Human gestation exhibits a number of aspects that are notably adverse. Prominent among them is nausea and vomiting of pregnancy (NVP), which is reported by up to about 80% of women especially during the first trimester [2], and is highly heritable [3]. NVP reduces food intake and produces aversions to particular foods. It varies continuously in degree from mild to an extreme referred to as hyperemesis gravidarum (HG), which typically affects up to about 1–2% of pregnancies and involves intractable vomiting, weight loss and dehydration, that can become injurious to the mother and fetus [4, 5]. Treatment of NVP and HG remains challenging due to the potential effects of therapy on the first-trimester fetus, which is especially vulnerable to potential harmful impacts from systemic medications.
NVP and HG have for many years been attributed to the effects of human chorionic gonadotropin, a hormone produced by the placenta in early development that stimulates the corpus luteum to generate progesterone and thus maintain the pregnancy [5–7]. The primary evidence for this inference is a coincidence in the timing of human chorionic gonadotropin production with NVP symptoms, with both peaking at around 8–12 weeks of pregnancy.
Over the past few years, culminating in an influential paper in 2023 [8], NVP and HG have instead been shown to be caused predominantly by relatively high levels of a hormone called Growth-Differentiation Factor 15 (GDF15). GDF15, like human chorionic gonadotropin, is secreted by the placenta into maternal circulation starting in early pregnancy; higher levels are causally associated with stronger NVP and higher risk of HG, as evidenced by a suite of convergent genetic, genomic, observational and experimental studies [8]. Moreover, especially high NVP levels are conferred by relatively low pre-pregnancy GDF15, followed by relatively high GDF15 during gestation [8]. These findings have motivated proposals for novel therapies to reduce NVP and HG, based on blocking the effects of GDF15 during pregnancy, as well as by increasing its pre-pregnancy levels [8].
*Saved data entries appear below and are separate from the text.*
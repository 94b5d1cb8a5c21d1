-- ===== src/Storage/Oldest.antt =====
-- What `evictLRU` removes.
use interactsh_lite.Storage.Tables.{Index, Inv}
use interactsh_lite.Storage.Lru.{LruEntry, find}
use interactsh_lite.Storage.Evict.{Victim, probe, closer, max_probe, no_victim}
use interactsh_lite.Storage.{Session, MemoryStorage}
use interactsh_lite.Prelude.{
  ℕ, zero, suc, ◌≤◌, ◌<◌, ◌≡◌, refl, sym, subst, true, some, List, [], ◌∷◌, ltb, Bytes, lookup,
  arith, is_some, All, take, inl, inr, ◌⊎◌, Option-cases, Bool-cases, equal_iff,
}

-- Every element of the list has a session.
abbrev pub Found : Index → List LruEntry → Type 0
Found x = All (λ n. is_some (lookup n.correlation_id x.sessions) ≡ true)

found_weaken :
    (n : LruEntry) (ns ms : List LruEntry)
    → All (λ m. is_some (find m.correlation_id ns) ≡ true) ms
    → All (λ m. is_some (find m.correlation_id (n ∷ ns)) ≡ true) ms
unfolding find
found_weaken n ns [] h = tt
found_weaken n ns (m ∷ ms) h = (ground (arith, h.0), found_weaken n ns ms h.1)

found_self : (ns : List LruEntry) → All (λ m. is_some (find m.correlation_id ns) ≡ true) ns
unfolding find
found_self [] = tt
found_self (n ∷ ns) = (
  ground (arith, equal_iff n.correlation_id n.correlation_id),
  found_weaken n ns ns (found_self ns),
)

Found-sessions :
    (x : Index) (ns : List LruEntry)
    → Inv x
    → All (λ m. is_some (find m.correlation_id x.lru_list) ≡ true) ns
    → Found x ns
Found-sessions x [] v h = tt
Found-sessions x (n ∷ ns) v h =
    (ground (arith, v.same n.correlation_id, h.0), Found-sessions x ns v h.1)

pub Inv-Found : (x : Index) → Inv x → Found x x.lru_list
Inv-Found x v = Found-sessions x x.lru_list v (found_self x.lru_list)

-- `v` was reached from `v₀`: it is no younger, and if it is another it is a session's own time.
pub record Candidate (heap : ℕ → Session) (x : Index) (start v : Victim) : Type 0 where
  pub older : v.time ≤ start.time
  pub is_session :
      (v ≡ start)
      ⊎ ((p : ℕ) × (lookup v.id x.sessions ≡ some p)
          × ((heap p).last_access ≡ v.time)
          × (v.time < start.time))

abbrev pub NoYounger : (ℕ → Session) → Index → Victim → LruEntry → Type 0
NoYounger heap x v n =
    (p : ℕ) → lookup n.correlation_id x.sessions ≡ some p → v.time ≤ (heap p).last_access

abbrev Least : (ℕ → Session) → ℕ → List LruEntry → Index → Victim → Index × Victim → Type 0
Least heap k ns x v (x', w) = (x' ≡ x) × Candidate heap x v w × All (NoYounger heap x w) (take k ns)

closer-Candidate :
    (heap : ℕ → Session) (x : Index) (v w : Victim) (id : Bytes) (p : ℕ)
    → lookup id x.sessions ≡ some p
    → ltb (heap p).last_access v.time ≡ true
    → Candidate heap x (record { id = id; time = (heap p).last_access }) w
    → Candidate heap x v w
closer-Candidate heap x v w id p e t c = record {
  older = ground (arith, c.older);
  is_session = inr (elim c.is_session [
    | inl same ↦ (p, cc (same, e), cc same, ground (arith, same))
    | inr (q, a, b, l) ↦ (q, a, b, ground arith)
  ]);
}

closer-le : (t : ℕ) (id : Bytes) (v : Victim) → (closer t id v).time ≤ t
closer-le t id v = ground arith

probe-some :
    (heap : ℕ → Session) (k : ℕ) (n : LruEntry) (ns : List LruEntry) (x : Index) (v : Victim)
    {p : ℕ}
    → lookup n.correlation_id x.sessions ≡ some p
    → probe heap (suc k) (n ∷ ns) x v
      ≡ probe heap k ns x (closer (heap p).last_access n.correlation_id v)
unfolding probe
probe-some heap k n ns x v e = rw (e, probe)

Least-cons :
    (heap : ℕ → Session) (k : ℕ) (n : LruEntry) (ns : List LruEntry) (x : Index) (v : Victim)
    (p : ℕ) (r : Index × Victim)
    → lookup n.correlation_id x.sessions ≡ some p
    → Least heap k ns x (closer (heap p).last_access n.correlation_id v) r
    → Least heap (suc k) (n ∷ ns) x v r
Least-cons heap k n ns x v p (x', w) e ih = (
  ih.0,
  elim (Bool-cases (ltb (heap p).last_access v.time)) [
    | inl t ↦ closer-Candidate heap x v w n.correlation_id p e t (rw t at ih.1)
    | inr t ↦ rw t at ih.1
  ],
  (
    (λ q h. ground (arith, ih.1.older, e, h, closer-le (heap p).last_access n.correlation_id v)),
    ih.2,
  ),
)

probe-Least :
    (heap : ℕ → Session) (k : ℕ) (ns : List LruEntry) (x : Index) (v : Victim)
    → Found x ns
    → Least heap k ns x v (probe heap k ns x v)
probe-Least heap zero ns x v f =
    unfold probe in (refl, record { older = omega arith; is_session = inl refl }, tt)
probe-Least heap (suc k) [] x v f =
    unfold probe in (refl, record { older = omega arith; is_session = inl refl }, tt)
probe-Least heap (suc k) (n ∷ ns) x v f = elim (Option-cases (lookup n.correlation_id x.sessions)) [
  | inl e ↦ absurd (ground (arith, f.0))
  | inr (p, e) ↦ subst (Least heap (suc k) (n ∷ ns) x v) (sym (probe-some heap k n ns x v e)) (
      Least-cons heap k n ns x v p _ e
        (probe-Least heap k ns x (closer (heap p).last_access n.correlation_id v) f.1))
]

-- In a consistent storage `evictLRU` meets no stale element, and its victim, if it has one, is the
-- ID of a session that was used no later than those of the first eight elements. It has none only
-- if none of these was used before the largest time.
pub evict_lru_oldest :
    {H : Type 0} (m : MemoryStorage H)
    → Inv m.index
    → let (x, v) = probe m.heap max_probe m.lru_list m.index no_victim in
      (x ≡ m.index)
      × Candidate m.heap m.index no_victim v
      × All (NoYounger m.heap m.index v) (take max_probe m.lru_list)
evict_lru_oldest m i =
    probe-Least m.heap max_probe m.lru_list m.index no_victim (Inv-Found m.index i)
The purpose of this article is to describe and evaluate the hypothesis that levels of GDF15 sufficient to cause NVP are, in the majority of cases, adaptive for the developing fetus. As such, therapies based on reducing the physiological effects of this hormone, while they may reduce the risk of HG, are also expected to have some degree of deleterious impacts on most pregnancies in terms of placental development, early maintenance of pregnancy, birth timing, birth weight or some combination of these effects.
I first briefly describe relevant evolutionary theory for maternal-fetal interactions and then situate GDF15 within this context. Next, I present three main lines of evidence salient to the hypothesis that GDF15 production by the placenta is typically adaptive for the fetus. I conclude with implications for the prevention or treatment of NVP and HG.
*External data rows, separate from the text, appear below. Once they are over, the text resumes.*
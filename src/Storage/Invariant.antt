-- ===== src/Storage/Invariant.antt =====
-- The invariant of `memoryStorage`, kept by every method.
use interactsh_lite.Storage.Consistent.{
  IsConsistent, IsValid, lookup-unlink, unlink-IsConsistent, promote-IsConsistent,
  link-IsConsistent,
}
use interactsh_lite.Crypto.{Ctr, generate_aes_key, new_cipher}
use interactsh_lite.Storage.Tables.{Inv, unlink}
use interactsh_lite.Storage.Evict.{evict_lru, probe, no_victim, max_probe}
use interactsh_lite.Storage.Oldest.{evict_lru_oldest}
use interactsh_lite.Storage.Register.{
  Registration, register_new, keep_alive, make_room, register_internal, register,
}
use interactsh_lite.Storage.Access.{
  get_session, accept_session, recheck_session, delete_session, has_correlation_id,
  append_interaction,
}
use interactsh_lite.Storage.{
  MemoryStorage, Hooks, remove_locked, is_expired, miss, touch_if_sliding, max_cache_capacity,
}
use interactsh_lite.Prelude.{
  ℕ, ◌≡◌, sym, subst, Option, none, [], Bytes, equal, equal_refl, leb, ◌∙◌, length, lookup, arith,
  inl, inr, ◌⊎◌, Option-cases, Bool-cases,
}

module _ {H : Type 0} (hooks : Hooks H) where
  -- What an eviction does to the index.
  pub evict_lru_index :
      (m : MemoryStorage H)
      → Inv m.index
      → ((evict_lru hooks m).index ≡ m.index)
        ⊎ ((id : Bytes) × ((evict_lru hooks m).index ≡ unlink id m.index))
  unfolding evict_lru remove_locked
  evict_lru_index m i =
      let same = (evict_lru_oldest m i).0 in
      elim (Bool-cases (equal (probe m.heap max_probe m.lru_list m.index no_victim).1.id [])) [
        | inl e ↦ inl (rw e same)
        | inr e ↦ inr ((probe m.heap max_probe m.lru_list m.index no_victim).1.id, rw (e, same))
      ]

  pub evict_lru_next : (m : MemoryStorage H) → (evict_lru hooks m).next_session ≡ m.next_session
  unfolding evict_lru remove_locked
  evict_lru_next m = ground arith

  evict_lru-IsValid : (m : MemoryStorage H) → IsValid m → IsValid (evict_lru hooks m)
  evict_lru-IsValid m v = rw evict_lru_next (elim (evict_lru_index m v.inv) [
    | inl e ↦ rw e v
    | inr (id, e) ↦ rw e (unlink-IsConsistent id m.index m.next_session v)
  ])

  pub evict_lru-none :
      (m : MemoryStorage H) (id : Bytes)
      → Inv m.index
      → lookup id m.sessions ≡ none
      → lookup id (evict_lru hooks m).sessions ≡ none
  evict_lru-none m id i h = elim (evict_lru_index m i) [
    | inl e ↦ rw e h
    | inr (j, e) ↦ rw (e, lookup-unlink) (ground (arith, h))
  ]

  -- The storage after the capacity check of a registration.
  room-IsValid :
      (m : MemoryStorage H) (id : Bytes)
      → lookup id m.sessions ≡ none
      → IsValid m
      → IsValid (make_room hooks m) × (lookup id (make_room hooks m).sessions ≡ none)
  room-IsValid m id e v = elim (Bool-cases (leb max_cache_capacity (length m.sessions))) [
    | inl full ↦ rw full (evict_lru-IsValid m v, evict_lru-none m id v.inv e)
    | inr few ↦ rw few (v, e)
  ]

  register_new-IsValid :
      (r : Registration) (now : ℕ) (m : MemoryStorage H)
      → lookup r.correlation_id m.sessions ≡ none
      → IsValid m
      → IsValid (register_new hooks r now m).1
  unfolding register_new
  register_new-IsValid r now m e v =
      let (w, f) = room-IsValid (miss m) r.correlation_id e v in
      elim (Option-cases (generate_aes_key r.random)) [
        | inl a ↦ rw (a, register_new) w
        | inr (key, a) ↦ elim (Option-cases (new_cipher key)) [
          | inl b ↦ rw (a, register_new) (rw (b, register_new) w)
          | inr (block, b) ↦
              rw (a, register_new)
                (rw (b, register_new)
                  (link-IsConsistent r.correlation_id (make_room hooks (miss m)).index _ f w))
        ]
      ]

  keep_alive-IsValid :
      (r : Registration) (p now : ℕ) (m : MemoryStorage H)
      → IsValid m
      → IsValid (keep_alive r p now m).1
  unfolding keep_alive touch_if_sliding
  keep_alive-IsValid r p now m v = elim (Bool-cases (equal (m.heap p).secret_key r.secret_key)) [
    | inl e ↦ rw e (elim (Bool-cases m.sliding_ttl) [
      | inl s ↦ rw s (promote-IsConsistent r.correlation_id m.index m.next_session v)
      | inr s ↦ rw s (promote-IsConsistent r.correlation_id m.index m.next_session v)
    ])
    | inr e ↦ rw e v
  ]

  pub register-IsValid :
      (r : Registration) (now : ℕ) (m : MemoryStorage H)
      → IsValid m
      → IsValid (register hooks r now m).1
  unfolding register register_internal remove_locked
  register-IsValid r now m v = elim (Option-cases (lookup r.correlation_id m.sessions)) [
    | inl e ↦ rw (e, register_internal) (register_new-IsValid r now m e v)
    | inr (p, e) ↦
        rw (e, register_internal)
          (elim (Bool-cases (is_expired m (m.heap p) now)) [
            | inl x ↦ rw x (
                register_new-IsValid r now _
                  (lookup-unlink r.correlation_id r.correlation_id m.index ∙ rw equal_refl)
                  (unlink-IsConsistent r.correlation_id m.index m.next_session v))
            | inr x ↦ rw x (keep_alive-IsValid r p now m v)
          ])
  ]

  accept_session-IsValid :
      (id : Bytes) (p now : ℕ) (m : MemoryStorage H)
      → IsValid m
      → IsValid (accept_session id p now m).1
  unfolding accept_session touch_if_sliding
  accept_session-IsValid id p now m v = elim (Bool-cases m.sliding_ttl) [
    | inl s ↦ rw s (promote-IsConsistent id m.index m.next_session v)
    | inr s ↦ rw s (promote-IsConsistent id m.index m.next_session v)
  ]

  recheck_session-IsValid :
      (id secret : Bytes) (now : ℕ) (m : MemoryStorage H)
      → IsValid m
      → IsValid (recheck_session hooks id secret now m).1
  unfolding recheck_session remove_locked
  recheck_session-IsValid id secret now m v = elim (Option-cases (lookup id m.sessions)) [
    | inl e ↦ rw (e, recheck_session) v
    | inr (p, e) ↦
        rw (e, recheck_session)
          (elim (Bool-cases (is_expired m (m.heap p) now)) [
            | inl x ↦ rw x (unlink-IsConsistent id m.index m.next_session v)
            | inr x ↦ rw x (elim (Bool-cases (equal (m.heap p).secret_key secret)) [
              | inl s ↦ rw s (accept_session-IsValid id p now m v)
              | inr s ↦ rw s v
            ])
          ])
  ]

  pub get_session-IsValid :
      (others : MemoryStorage H → MemoryStorage H) (id secret : Bytes) (now now' : ℕ)
      (m : MemoryStorage H)
      → IsValid m
      → IsValid (others m)
      → IsValid (get_session hooks others id secret now now' m).1
  unfolding get_session
  get_session-IsValid others id secret now now' m v w = elim (Option-cases (lookup id m.sessions)) [
    | inl e ↦ rw (e, get_session) v
    | inr (p, e) ↦
        rw (e, get_session)
          (elim (Bool-cases (is_expired m (m.heap p) now)) [
            | inl x ↦ rw x (recheck_session-IsValid id secret now' (others m) w)
            | inr x ↦ rw x (elim (Bool-cases (equal (m.heap p).secret_key secret)) [
              | inl s ↦ rw s (accept_session-IsValid id p now' (others m) w)
              | inr s ↦ rw s v
            ])
          ])
  ]

  pub delete_session-IsValid :
      (id secret : Bytes) (m : MemoryStorage H)
      → IsValid m
      → IsValid (delete_session hooks id secret m).1
  unfolding delete_session remove_locked
  delete_session-IsValid id secret m v = elim (Option-cases (lookup id m.sessions)) [
    | inl e ↦ rw (e, delete_session) v
    | inr (p, e) ↦
        rw (e, delete_session)
          (elim (Bool-cases (equal (m.heap p).secret_key secret)) [
            | inl s ↦ rw s (unlink-IsConsistent id m.index m.next_session v)
            | inr s ↦ rw s v
          ])
  ]

  pub has_correlation_id-IsValid :
      (others : MemoryStorage H → MemoryStorage H) (id : Bytes) (now now' : ℕ) (m : MemoryStorage H)
      → IsValid m
      → IsValid (others m)
      → IsValid (has_correlation_id hooks others id now now' m).1
  unfolding has_correlation_id remove_locked
  has_correlation_id-IsValid others id now now' m v w = elim (Option-cases (lookup id m.sessions)) [
    | inl e ↦ rw (e, has_correlation_id) v
    | inr (p, e) ↦
        rw (e, has_correlation_id)
          (elim (Bool-cases (is_expired m (m.heap p) now)) [
            | inl x ↦ rw x (elim (Option-cases (lookup id (others m).sessions)) [
              | inl f ↦ rw (f, has_correlation_id) w
              | inr (q, f) ↦
                  rw (f, has_correlation_id)
                    (elim (Bool-cases (is_expired (others m) ((others m).heap q) now')) [
                      | inl y ↦
                          rw y (unlink-IsConsistent id (others m).index (others m).next_session w)
                      | inr y ↦ rw y w
                    ])
            ])
            | inr x ↦ rw x v
          ])
  ]

append_interaction_index :
    {H : Type 0} (ctr : Ctr) (id interaction : Bytes) (random : Option Bytes) (now : ℕ)
    (m : MemoryStorage H)
    → ((append_interaction ctr id interaction random now m).index ≡ m.index)
      × ((append_interaction ctr id interaction random now m).next_session ≡ m.next_session)
unfolding append_interaction touch_if_sliding
append_interaction_index ctr id interaction random now m = ground arith

pub append_interaction-IsValid :
    {H : Type 0} (ctr : Ctr) (id interaction : Bytes) (random : Option Bytes) (now : ℕ)
    (m : MemoryStorage H)
    → IsValid m
    → IsValid (append_interaction ctr id interaction random now m)
append_interaction-IsValid ctr id interaction random now m v =
    let e = append_interaction_index ctr id interaction random now m in
    let n = (append_interaction ctr id interaction random now m).next_session in
    subst (λ x. IsConsistent x n) (sym e.0) (subst (IsConsistent m.index) (sym e.1) v)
THEORY AND PHYSIOLOGY OF MATERNAL-FETAL CONFLICT
About 30 years ago, Haig [9] first described the evolutionary logic of maternal-fetal conflicts, which follows from pioneering work by Trivers [10]. Maternal-fetal conflict is predicated on the fact that the mother and fetus and genetically related by only one-half, such that their interactions involve a mix of cooperation (over the success of the pregnancy, given its viability) and conflict (over the extent of resource provision to the fetus, such that a fetus is selected to solicit, and if possible acquire, more resource than the mother is selected to provide to it) [9]. Such conflict is enacted biochemically, usually through the secretion of hormones by the fetal-placental unit into the maternal bloodstream, with maternal physiological responses that are selected to mitigate fetal hormonal effects that exceed her optimal investment in a given fetus [11]. In particular, fetuses are selected for effects that lead to effective placental invasion, maintenance of the pregnancy, higher (but not too high) maternal glucose levels and blood pressure leading to higher birth weight, and birth timing at term [9, 11, 12]. Mildly deleterious or aversive effects on the mother are expected in such systems, provided that they increase the inclusive fitness of the fetus overall.
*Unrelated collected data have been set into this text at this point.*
-- ===== src/Storage/Reach.antt =====
-- The histories of a storage: every method call as a step, the calls that give up the lock with the
-- steps that other goroutines make meanwhile.
use interactsh_lite.Crypto.{Ctr}
use interactsh_lite.Storage.Tables.{empty-Inv}
use interactsh_lite.Storage.Consistent.{IsValid}
use interactsh_lite.Storage.Invariant.{
  register-IsValid, get_session-IsValid, delete_session-IsValid, has_correlation_id-IsValid,
  append_interaction-IsValid,
}
use interactsh_lite.Storage.Register.{Registration, register}
use interactsh_lite.Storage.Access.{
  get_session, delete_session, has_correlation_id, append_interaction, get_and_clear_interactions,
}
use interactsh_lite.Storage.{MemoryStorage, Hooks, new_memory_storage}
use interactsh_lite.Prelude.{ℕ, Bool, Option, Bytes, lookup}

module _ {H : Type 0} (hooks : Hooks H) (ctr : Ctr) where
  mutual
    pub data Step : MemoryStorage H → MemoryStorage H → Type 0 where
      registers :
          {m : MemoryStorage H} (r : Registration) (now : ℕ) → Step m (register hooks r now m).1
      gets :
          {m mid : MemoryStorage H} (id secret : Bytes) (now now' : ℕ)
          → Reach m mid
          → Step m (get_session hooks (λ _. mid) id secret now now' m).1
      drains : {m : MemoryStorage H} (p : ℕ) → Step m (get_and_clear_interactions p m).1
      appends :
          {m : MemoryStorage H} (id interaction : Bytes) (random : Option Bytes) (now : ℕ)
          → Step m (append_interaction ctr id interaction random now m)
      deletes :
          {m : MemoryStorage H} (id secret : Bytes) → Step m (delete_session hooks id secret m).1
      asks :
          {m mid : MemoryStorage H} (id : Bytes) (now now' : ℕ)
          → Reach m mid
          → Step m (has_correlation_id hooks (λ _. mid) id now now' m).1

    pub data Reach : MemoryStorage H → MemoryStorage H → Type 0 where
      here : {m : MemoryStorage H} → Reach m m
      next : {m u w : MemoryStorage H} → Reach m u → Step u w → Reach m w

module _ {H : Type 0} {hooks : Hooks H} {ctr : Ctr} where
  mutual
    unfolding get_and_clear_interactions

    keep-Step : {m w : MemoryStorage H} → Step hooks ctr m w → IsValid m → IsValid w
    keep-Step (registers {m} r now) v = register-IsValid hooks r now m v
    keep-Step (gets {m} {mid} id secret now now' r) v =
        get_session-IsValid hooks (λ _. mid) id secret now now' m v (keep-Reach r v)
    keep-Step (drains p) v = v
    keep-Step (appends {m} id interaction random now) v =
        append_interaction-IsValid ctr id interaction random now m v
    keep-Step (deletes {m} id secret) v = delete_session-IsValid hooks id secret m v
    keep-Step (asks {m} {mid} id now now' r) v =
        has_correlation_id-IsValid hooks (λ _. mid) id now now' m v (keep-Reach r v)

    keep-Reach : {m w : MemoryStorage H} → Reach hooks ctr m w → IsValid m → IsValid w
    keep-Reach here v = v
    keep-Reach (next r s) v = keep-Step s (keep-Reach r v)

pub new_memory_storage-IsValid :
    {H : Type 0} (hook : H) (days : ℕ) (no_eviction sliding : Bool)
    → IsValid (new_memory_storage hook days no_eviction sliding)
unfolding new_memory_storage lookup
new_memory_storage-IsValid hook days no_eviction sliding = record {
  inv = empty-Inv;
  allocated = λ id p h. cc;
  separate = λ id j p h k. cc;
}

-- After any history of a new storage, the calls of other goroutines inside it included, the LRU
-- list, its map and the session map agree, and no two correlation IDs share a session.
pub reach-IsValid :
    {H : Type 0} (hooks : Hooks H) (ctr : Ctr) (hook : H) (days : ℕ) (no_eviction sliding : Bool)
    {m : MemoryStorage H}
    → Reach hooks ctr (new_memory_storage hook days no_eviction sliding) m
    → IsValid m
reach-IsValid hooks ctr hook days no_eviction sliding r =
    keep-Reach r (new_memory_storage-IsValid hook days no_eviction sliding)
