-- ===== src/Storage/Sessions.antt =====
-- Registration, credentials, deletion and expiry.
use interactsh_lite.Crypto.{generate_aes_key, new_cipher}
use interactsh_lite.Storage.Consistent.{lookup-unlink, lookup-promote, lookup-link}
use interactsh_lite.Storage.Evict.{evict_lru}
use interactsh_lite.Storage.Register.{
  Registration, make_room, register_new, add_session, keep_alive, register_internal, register,
}
use interactsh_lite.Storage.Access.{
  get_session, accept_session, recheck_session, delete_session, has_correlation_id, get_response,
}
use interactsh_lite.Storage.{
  MemoryStorage, Hooks, ok, err, already_exists, no_correlation_id, invalid_secret, hit, miss,
  is_expired, remove_locked, touch_if_sliding,
}
use interactsh_lite.Prelude.{
  ℕ, ◌+◌, ◌≤◌, ◌≡◌, ◌≢◌, true, false, ◌&&◌, none, some, [], Bytes, equal, equal_iff, equal_refl,
  length, lookup, arith, if◌then◌else◌, ◌⊎◌,
}

-- The ID names session `p` in storage `s`, the session has this secret, and it is live at `t`.
pub record Grants {H : Type 0} (s : MemoryStorage H) (id secret : Bytes) (t p : ℕ) : Type 0 where
  pub registered : lookup id s.sessions ≡ some p
  pub secret_matches : (s.heap p).secret_key ≡ secret
  pub live : is_expired s (s.heap p) t ≡ false

module _ {H : Type 0} (hooks : Hooks H) where
  recheck_session_ok :
      (id secret : Bytes) (now p : ℕ) (m : MemoryStorage H)
      → (recheck_session hooks id secret now m).0 ≡ ok p
      → Grants m id secret now p
  unfolding recheck_session accept_session
  recheck_session_ok id secret now p m h = ground (arith, equal_iff (m.heap p).secret_key secret)

  -- Whatever other goroutines do while `getSession` is without the lock, a session that it returns
  -- was registered under the ID with the given secret and was live, at the first reading
  -- or at the second, after they ran.
  pub get_session_ok :
      (others : MemoryStorage H → MemoryStorage H) (id secret : Bytes) (now now' p : ℕ)
      (m : MemoryStorage H)
      → (get_session hooks others id secret now now' m).0 ≡ ok p
      → Grants m id secret now p ⊎ Grants (others m) id secret now' p
  unfolding get_session accept_session
  get_session_ok others id secret now now' p m h = ground (
    arith,
    recheck_session_ok id secret now' p (others m),
    equal_iff (m.heap p).secret_key secret,
  )

  -- A live session is returned to whoever has its secret, whatever others do meanwhile; it is the
  -- wrong secret that gives the error about the secret.
  get_session_live :
      (others : MemoryStorage H → MemoryStorage H) (id secret : Bytes) (now now' p : ℕ)
      (m : MemoryStorage H)
      → lookup id m.sessions ≡ some p
      → is_expired m (m.heap p) now ≡ false
      → (get_session hooks others id secret now now' m).0
        ≡ (if equal (m.heap p).secret_key secret then ok p else err invalid_secret)
  unfolding get_session accept_session
  get_session_live others id secret now now' p m e x = ground arith

  -- A registration of a live session's ID with its secret keeps the session: the answer is its AES
  -- key, every ID keeps its session, and every session its secret, key, interactions and response.
  register_keep_alive :
      (r : Registration) (now p : ℕ) (m : MemoryStorage H)
      → lookup r.correlation_id m.sessions ≡ some p
      → is_expired m (m.heap p) now ≡ false
      → (m.heap p).secret_key ≡ r.secret_key
      → let m' = (register hooks r now m).1 in
        ((register hooks r now m).0 ≡ ok (m.heap p).aes_key)
        × ((j : Bytes) → lookup j m'.sessions ≡ lookup j m.sessions)
        × ((q : ℕ) → (m'.heap q).secret_key ≡ (m.heap q).secret_key)
        × ((q : ℕ) → (m'.heap q).aes_key ≡ (m.heap q).aes_key)
        × ((q : ℕ) → (m'.heap q).interactions ≡ (m.heap q).interactions)
        × ((q : ℕ) → (m'.heap q).response ≡ (m.heap q).response)
  unfolding register register_internal keep_alive touch_if_sliding
  register_keep_alive r now p m e x s =
      let t = (equal_iff (m.heap p).secret_key r.secret_key).1 s in
      (
        ground (arith, e, x, t),
        (λ j. ground (arith, e, x, t, lookup-promote r.correlation_id j m.index)),
        (λ q. ground (arith, e, x, t)),
        (λ q. ground (arith, e, x, t)),
        (λ q. ground (arith, e, x, t)),
        (λ q. ground (arith, e, x, t)),
      )

  -- With another secret the registration of a live session's ID is refused, and nothing but the hit
  -- counter changes.
  register_mismatch :
      (r : Registration) (now p : ℕ) (m : MemoryStorage H)
      → lookup r.correlation_id m.sessions ≡ some p
      → is_expired m (m.heap p) now ≡ false
      → (m.heap p).secret_key ≢ r.secret_key
      → register hooks r now m ≡ (err already_exists, hit m)
  unfolding register register_internal keep_alive
  register_mismatch r now p m e x s =
      ground (arith, e, x, s, equal_iff (m.heap p).secret_key r.secret_key)

  -- `Delete` of a registered ID succeeds exactly with the session's secret, and takes away that ID
  -- then and no other; without the secret every ID keeps its session.
  delete_session_lem :
      (id secret : Bytes) (p : ℕ) (m : MemoryStorage H)
      → lookup id m.sessions ≡ some p
      → let granted = equal (m.heap p).secret_key secret in
        ((delete_session hooks id secret m).0 ≡ (if granted then ok tt else err invalid_secret))
        × ((j : Bytes)
            → lookup j (delete_session hooks id secret m).1.sessions
              ≡ (if granted && equal id j then none else lookup j m.sessions))
  unfolding delete_session remove_locked
  delete_session_lem id secret p m e =
      (ground (arith, e), (λ j. ground (arith, e, lookup-unlink id j m.index)))

  -- For an ID with an expired session, at one reading of the clock and with no other goroutine
  -- between, `getSession` fails for want of the ID whatever the secret, and `HasCorrelationID` says
  -- no; both take the ID away. `GetResponse` gives no response.
  pub expired_session :
      (id secret : Bytes) (now p : ℕ) (m : MemoryStorage H)
      → lookup id m.sessions ≡ some p
      → is_expired m (m.heap p) now ≡ true
      → ((get_session hooks (λ s. s) id secret now now m).0 ≡ err no_correlation_id)
        × (lookup id (get_session hooks (λ s. s) id secret now now m).1.sessions ≡ none)
        × ((has_correlation_id hooks (λ s. s) id now now m).0 ≡ false)
        × (lookup id (has_correlation_id hooks (λ s. s) id now now m).1.sessions ≡ none)
        × (get_response id now m ≡ none)
  unfolding get_session recheck_session has_correlation_id get_response remove_locked
  expired_session id secret now p m e x = ground (arith, lookup-unlink id id m.index, equal_refl id)

  -- With a sliding TTL a validated session lives on for the TTL from the access.
  accept_session_sliding :
      (id : Bytes) (p now t : ℕ) (m : MemoryStorage H)
      → m.sliding_ttl ≡ true
      → t ≤ now + m.ttl
      → let m' = (accept_session id p now m).1 in is_expired m' (m'.heap p) t ≡ false
  unfolding accept_session touch_if_sliding is_expired
  accept_session_sliding id p now t m s h = ground arith

  -- With a fixed TTL an access changes no session's expiry.
  accept_session_fixed :
      (id : Bytes) (p now t q : ℕ) (m : MemoryStorage H)
      → m.sliding_ttl ≡ false
      → let m' = (accept_session id p now m).1 in
        is_expired m' (m'.heap q) t ≡ is_expired m (m.heap q) t
  unfolding accept_session touch_if_sliding is_expired
  accept_session_fixed id p now t q m s = ground arith

  -- What an eviction leaves alone.
  evict_lru_settings :
      (m : MemoryStorage H)
      → ((evict_lru hooks m).ttl ≡ m.ttl)
        × ((evict_lru hooks m).next_session ≡ m.next_session)
        × ((evict_lru hooks m).no_eviction ≡ m.no_eviction)
        × ((evict_lru hooks m).sliding_ttl ≡ m.sliding_ttl)
  unfolding evict_lru remove_locked
  evict_lru_settings m = ground arith

  -- A new ID with a fresh 32-byte key is stored: the answer is the key, the session is granted to
  -- its secret for the TTL from now, and it holds no interactions.
  register_fresh :
      (r : Registration) (key : Bytes) (now t : ℕ) (m : MemoryStorage H)
      → lookup r.correlation_id m.sessions ≡ none
      → r.random ≡ some key
      → length key ≡ 32
      → t ≤ now + m.ttl
      → let m' = (register hooks r now m).1 in
        ((register hooks r now m).0 ≡ ok key)
        × Grants m' r.correlation_id r.secret_key t m.next_session
        × ((m'.heap m.next_session).interactions ≡ [])
        × ((m'.heap m.next_session).response ≡ r.response)
        × ((m'.heap m.next_session).aes_block ≡ key)
  unfolding register register_internal register_new add_session is_expired generate_aes_key
      new_cipher
  register_fresh r key now t m e k n h = ground (
    arith,
    e,
    k,
    n,
    evict_lru_settings (miss m),
    lookup-link r.correlation_id r.correlation_id m.next_session (make_room hooks (miss m)).index,
    equal_refl r.correlation_id,
  )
The physiological effects of well-studied placental hormones, including, for example, human chorionic gonadotropin, human placental lactogen and placental growth hormone, fit with maternal-fetal conflict theory, as do the causes of major disorders of pregnancy, including gestation diabetes, intrauterine growth restriction and pre-eclampsia [9, 11–14]. As such, these disorders appear to represent, in large part, maladaptive extremes or dysregulation of conflict-related adaptations of the fetus or mother, and they can be fully understood only within this conceptual framework.
THE ADAPTIVE SIGNIFICANCE OF GDF15
How do the functions and effects of GDF15 fit within the paradigm of maternal-fetal conflict, and the adaptive significance of placental hormones? GDF15 is normally produced at high levels only from the placenta and released into maternal circulation [15]. Its receptor, called GDNF family receptor α-like (GFRAL), is localized to specific regions in the hypothalamus and hindbrain that control appetite and other physiological mechanisms [16, 17]. GDF15 regulates a variety of functions, including food intake (via appetite and nausea induction), expenditure of energy, and bodily responses to stresses including infection and injury [15, 18]. These roles are mediated by various mechanisms, including increases in catabolism relative to anabolism, as indicated, in part, by increases in serum glucose and triglycerides in association with increased GDF15 levels among healthy, non-pregnant subjects [15, 19, 20].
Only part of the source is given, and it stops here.